10 tried and tested tips to save fuel and money
Pump prices have soared and while they’re coming down from the highs experienced last year, motorists are forking out more than they’d like to in the current cost-of-living crisis.
Consumer champion Which? lists 10 ways to help drivers save on fuel costs.
Ele Clark, Which? Money expert, said: “Every motorist will have felt the impact of soaring fuel prices over the last year. However, there are steps that drivers can take to lower their fuel consumption and spend less at the pumps.
“The best prices are often found at supermarket forecourts, but shop around before filling up to find the cheapest option. Other ways to keep fuel consumption low include changing gears early to avoid revving the engine and emptying your boot before a journey.”
1) Supermarkets generally offer cheaper fuel, but shop around
Fuel from supermarket petrol stations is usually cheaper by a few pence a litre than branded fuel. However, this isn’t the case in all areas, with some independent petrol stations undercutting larger firms. It’s worth searching for the cheapest prices locally before you fill up. Check PetrolPrices.com to see the cheapest locations or sat nav app Waze displays live prices for stations during your journey. If you’re planning a long journey, fill up in advance as motorway service stations cost considerably more.
2) Use loyalty schemes
Many supermarkets and fuel retailers run loyalty schemes where drivers can collect points every time they fill up. These can then be exchanged for cashback or discounts. For motorists buying fuel from the same supermarket where they shop for groceries, signing up to a loyalty scheme could save money.

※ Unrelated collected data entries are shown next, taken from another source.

-- ===== src/Api/Routes/Permitted.antt =====
-- Who reaches which handler (internal/api/routes.go, internal/api/middleware.go).
use hambo.Base.{
  String, true, List, [], ◌∷◌, ◌≡◌, ◌≢◌, refl, arith, Option, none, some, Result, ok, Bool-cases,
  inl, inr, All, subst, sym,
}
use hambo.Base.Text.{cut_prefix}
use hambo.Model.Node.{Node}
use hambo.Api.Auth.{
  Certificate, Connection, Access, granted, refused, require_certificate, contains, admin_only,
  node_only,
}
use hambo.Api.Auth.Grants.{Leaf, require_certificate-Leaf, require_group-granted, node_only-granted}
use hambo.Api.Routes.{
  Handler, get_ca, join_node, watch_node, create_node_session, report_node_status, health,
  create_token, create_container, not_found, Guard, unguarded, certified, admins, nodes, Route,
  Reached, routes, find_route, matches, pass, dispatch, after_certificate, after_node,
}

module _ (get : String → Result Node) (conn : Connection) where
  abbrev pub IsCertified : Type 0
  IsCertified = (cert : Certificate) × Leaf conn cert

  abbrev pub IsAdmin : Type 0
  IsAdmin =
      (cert : Certificate) × Leaf conn cert × (contains cert.organization "hambo:admins" ≡ true)

  -- The certificate names this registered node.
  abbrev pub IsNode : String → Type 0
  IsNode node_id =
      (cert : Certificate) × Leaf conn cert
      × (contains cert.organization "hambo:nodes" ≡ true)
      × (cut_prefix cert.common_name "hambo:node:" ≡ some node_id)
      × (node_id ≢ "")
      × ((n : Node) × (get node_id ≡ ok n))

  abbrev pub IsNodeOf : Option String → Type 0
  IsNodeOf none = ⊥
  IsNodeOf (some node_id) = IsNode node_id

  -- What has to hold of a client whose request reaches a handler.
  abbrev pub Needs : Handler → Option String → Type 0
  Needs get_ca o = Unit {0}
  Needs join_node o = Unit {0}
  Needs health o = IsCertified
  Needs not_found o = IsCertified
  Needs create_token o = IsAdmin
  Needs create_container o = IsAdmin
  Needs watch_node o = IsNodeOf o
  Needs create_node_session o = IsNodeOf o
  Needs report_node_status o = IsNodeOf o

  -- What a guard shows of whom it lets through.
  abbrev Shows : Guard → Option String → Type 0
  Shows unguarded o = Unit {0}
  Shows certified o = IsCertified
  Shows admins o = IsAdmin
  Shows nodes o = IsNodeOf o

  after_certificate_inv :
      (h : Handler) (a : Access Certificate) (r : Reached)
      → after_certificate h a ≡ granted r
      → (cert : Certificate) × (a ≡ granted cert) × (r.handler ≡ h)
  unfolding after_certificate
  after_certificate_inv h (refused x) r e = absurd (ground arith)
  after_certificate_inv h (granted cert) r e = (cert, refl, ground arith)

  after_node_inv :
      (h : Handler) (a : Access String) (r : Reached)
      → after_node h a ≡ granted r
      → (node_id : String) × (a ≡ granted node_id)
        × (r ≡ record { handler = h; node_id = some node_id })
  unfolding after_node
  after_node_inv h (refused x) r e = absurd (ground arith)
  after_node_inv h (granted node_id) r e = (node_id, refl, ground arith)

  pass-Shows :
      (g : Guard) (h : Handler) (r : Reached)
      → pass get conn g h ≡ granted r
      → (r.handler ≡ h) × Shows g r.node_id
  unfolding pass admin_only
  pass-Shows unguarded h r e = (ground arith, tt)
  pass-Shows certified h r e =
      let (cert, p, same) = after_certificate_inv h (require_certificate conn) r e in
      (same, (cert, require_certificate-Leaf conn cert p))
  pass-Shows admins h r e =
      let (cert, p, same) = after_certificate_inv h (admin_only conn) r e in
      let (is_leaf, member_of) = require_group-granted "hambo:admins" conn cert p in
      (same, (cert, is_leaf, member_of))
  pass-Shows nodes h r e =
      let (node_id, p, same) = after_node_inv h (node_only get conn) r e in
      rw same (refl, node_only-granted get conn node_id p)

  -- The guard of a route shows what its handler needs.
  abbrev Fits : Route → Type 0
  Fits r = (o : Option String) → Shows r.guard o → Needs r.handler o

  routes-Fits : All Fits routes
  routes-Fits = (
    λ o s. tt,
    (λ o s. tt, (λ o s. s, (λ o s. s, (λ o s. s, (λ o s. s, (λ o s. s, (λ o s. s, tt))))))),
  )

  find_route-Fits :
      (method path : String) (rs : List Route) → All Fits rs → Fits (find_route method path rs)
  unfolding find_route
  find_route-Fits method path [] fit = λ o s. s
  find_route-Fits method path (r ∷ rs) fit = elim (Bool-cases (matches method path r)) [
    | inl m ↦ let is : r ≡ find_route method path (r ∷ rs) = ground arith in subst Fits is fit.0
    | inr m ↦
        let is : find_route method path rs ≡ find_route method path (r ∷ rs) = ground arith in
        subst Fits is (find_route-Fits method path rs fit.1)
  ]

  -- Whatever its method and path, a request reaches a handler only if its client may use it: the CA
  -- and the enrollment are open to all; health and the answer to unknown paths need a verified
  -- certificate; the creation of tokens and of containers needs one whose organizations have the
  -- group of the admins; and a handler for a node needs one that has the group of the nodes and
  -- names the registered node, with an ID that is not empty, whose ID the handler is given.
  pub dispatch-Needs :
      (method path : String) (r : Reached)
      → dispatch get conn method path ≡ granted r
      → Needs r.handler r.node_id
  unfolding dispatch
  dispatch-Needs method path r h =
      let found : Route = find_route method path routes in
      let (same, shown) = pass-Shows found.guard found.handler r h in
      subst (λ x. Needs x r.node_id) (sym same)
        (find_route-Fits method path routes routes-Fits r.node_id shown)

Supermarkets also occasionally run offers on fuel for shoppers who spend a certain amount in store – so it’s worth checking if your nearby supermarkets are running any offers before filling up.
3) Ditch premium unleaded
While there’s no harm in using high-octane ‘super’ unleaded, there’s usually no benefit either, unless you drive a high-performance or imported car that specifically requires it. Given super unleaded typically costs 10-15p more per litre than normal unleaded, avoiding the premium pumps will save you money.
4) Smooth stops and starts
The way you drive has a big impact on fuel consumption. Try to accelerate smoothly, building speed gradually to prevent having to use the brakes unnecessarily. Skipping gears in a manual car (i.e. switching directly from 1st to 3rd gear) can also reduce fuel consumption.
Many new cars will also have a gear-shift indicator, informing the driver of the most economical point to change gear, or even an ‘eco’ driving mode, which dulls the response of the throttle amongst other changes, to wring the most out of each litre of fuel.
5) Tyre pressure and basic car checks
It’s also worth keeping an eye on tyre pressure. Under-inflated tyres and misaligned wheels will drag down a car’s fuel economy and can mean costly replacements if left too long. Making sure cars are serviced on schedule can help drivers avoid reliability issues further down the line, plus newly serviced cars with fresh oil and clean filters run more efficiently.
6) Empty your boot
Driving a heavy car immediately increases fuel consumption, as the engine needs to work harder to get up to speed. Removing unnecessary items from the boot, as well as drag-causing external fixtures such as roof boxes and bike racks will significantly improve efficiency. Driving with open windows also causes significant aerodynamic drag, so using air conditioning is better for keeping cool at higher speeds.
7) Don’t warm up your engine
The advice varies between manufacturers, but in the winter months it’s normally preferable to drive immediately after starting the engine rather than leaving it running to heat up. Not only will this actually heat the engine faster, but provided you’re gentle with the throttle, it can also reduce engine wear and use less fuel. If your windscreen is misted, use the air-conditioning to quickly clear it – which is often quicker than relying on the car’s heating to kick in.
8) Stick to the speed limit
Legally, you should be sticking to the speed limit anyway, but the faster you drive, the higher your fuel consumption will be. Figures from the Department for Transport (DfT) show that driving on the motorway at 80mph uses around 25% more fuel than driving at 70mph. Travelling at 70mph uses 9% more fuel than driving at 60mph, and 14% more than at 50mph.
9) Turn equipment off
Equipment such as air conditioning, heated seats, and windscreen heaters are big energy-sapping features in most cars. Try to minimise use if you can.
10) Use a sat nav
Try and plan routes in advance of driving so you’re not wasting fuel going round the houses. Most up-to-date sat nav apps can also show drivers the most economical routes to help you avoid frustrating and fuel-guzzling traffic jams.